* _PROVIDED INFORMATION_:
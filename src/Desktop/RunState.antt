-- ===== src/Desktop/RunState.antt =====
-- internal/service/desktop/runstate/hub.go: runs are marked as changed, a timer collects the marks, and
-- its flush resolves and emits a view of each marked run. A state holds the hub's fields and what runs
-- beside it: the timer of the runtime, flushes that wait for the lock, and the runs that flushes have
-- taken out of the hub and not yet resolved. A view is whatever the resolver answers at that moment;
-- `emitted` has each one with the run that it was resolved for.
pub mod Traces
use onecatch.Base.{
  ℕ, suc, String, Bool, true, false, ◌&&◌, Option, none, some, List, [], ◌∷◌, ◌++◌, contains, ◌==◌,
  if◌then◌else◌, ◌≡◌,
}

-- `timer` says that the hub's timer is not nil; `armed` that the runtime has yet to fire it.
pub record Hub (View : Type 0) : Type 0 where
  pub dirty : List String
  pub timer : Bool
  pub resolver : Bool
  pub emitter : Bool
  pub stopped : Bool
  pub armed : Bool
  pub waiting : ℕ
  pub sending : List String
  pub resolved : List String
  pub emitted : List (String × View)

-- `h.dirty[runID] = struct{}{}`
abbrev add : String → List String → List String
add id ids = if contains ids id then ids else id ∷ ids

module _ {View : Type 0} where
  unfoldable pub new_hub : Hub View
  new_hub = record {
    dirty = [];
    timer = false;
    resolver = false;
    emitter = false;
    stopped = false;
    armed = false;
    waiting = 0;
    sending = [];
    resolved = [];
    emitted = [];
  }

  unfoldable pub mark_dirty : String → Hub View → Hub View
  mark_dirty id h =
      if id == ""
      then h
      else if h.stopped
      then h
      else if h.timer
      then record h { dirty = add id h.dirty }
      else record h { dirty = add id h.dirty; timer = true; armed = true }

  -- The part of `flush` that holds the lock.
  unfoldable pub flush : Hub View → Hub View
  flush h = if h.stopped then h else record h {
    timer = false;
    dirty = [];
    sending = if h.resolver && h.emitter then h.dirty ++ h.sending else h.sending;
  }

  -- One turn of the loop of `flush`: the answer of the resolver for one run is emitted.
  unfoldable pub emit_view : String → Option View → List String → Hub View → Hub View
  emit_view id answer rest h = record h {
    sending = rest;
    resolved = id ∷ h.resolved;
    emitted = elim answer [ none ↦ h.emitted | some view ↦ (id, view) ∷ h.emitted ];
  }

  -- `h.timer.Stop()` keeps a timer that has not fired from firing.
  unfoldable pub close : Hub View → Hub View
  close h =
      if h.timer
      then record h { stopped = true; timer = false; armed = false }
      else record h { stopped = true }

  unfoldable pub set_resolver : Hub View → Hub View
  set_resolver h = record h { resolver = true }

  unfoldable pub set_emitter : Hub View → Hub View
  set_emitter h = record h { emitter = true }

-- What can happen next: a call of the program, the timer that fires, a flush that gets the lock, or a
-- flush beyond it that goes on with any one of its runs.
pub data Step {View : Type 0} : Hub View → Hub View → Type 0 where
  marks : (h : Hub View) (id : String) → Step h (mark_dirty id h)
  fires :
      (h : Hub View) → h.armed ≡ true → Step h (record h { armed = false; waiting = suc h.waiting })
  flushes : (h : Hub View) (n : ℕ) → h.waiting ≡ suc n → Step h (flush (record h { waiting = n }))
  sends :
      (h : Hub View) (before after : List String) (id : String) (answer : Option View)
      → h.sending ≡ before ++ id ∷ after
      → Step h (emit_view id answer (before ++ after) h)
  closes : (h : Hub View) → Step h (close h)
  resolves : (h : Hub View) → Step h (set_resolver h)
  emits : (h : Hub View) → Step h (set_emitter h)

pub data Steps {View : Type 0} : Hub View → Hub View → Type 0 where
  done : (h : Hub View) → Steps h h
  next : {h i j : Hub View} → Step h i → Steps i j → Steps h j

* _EXERCISE AIM_: Among the entries above, the line containing "stopped = true;", the line containing "closes : (h : Hub View) → Step h (close h)", and all lines between them are to be restated word for word; nothing else belongs in the reply.

* _FINISHED TASK_:
      then record h { stopped = true; timer = false; armed = false }
      else record h { stopped = true }

  unfoldable pub set_resolver : Hub View → Hub View
  set_resolver h = record h { resolver = true }

  unfoldable pub set_emitter : Hub View → Hub View
  set_emitter h = record h { emitter = true }

-- What can happen next: a call of the program, the timer that fires, a flush that gets the lock, or a
-- flush beyond it that goes on with any one of its runs.
pub data Step {View : Type 0} : Hub View → Hub View → Type 0 where
  marks : (h : Hub View) (id : String) → Step h (mark_dirty id h)
  fires :
      (h : Hub View) → h.armed ≡ true → Step h (record h { armed = false; waiting = suc h.waiting })
  flushes : (h : Hub View) (n : ℕ) → h.waiting ≡ suc n → Step h (flush (record h { waiting = n }))
  sends :
      (h : Hub View) (before after : List String) (id : String) (answer : Option View)
      → h.sending ≡ before ++ id ∷ after
      → Step h (emit_view id answer (before ++ after) h)
  closes : (h : Hub View) → Step h (close h)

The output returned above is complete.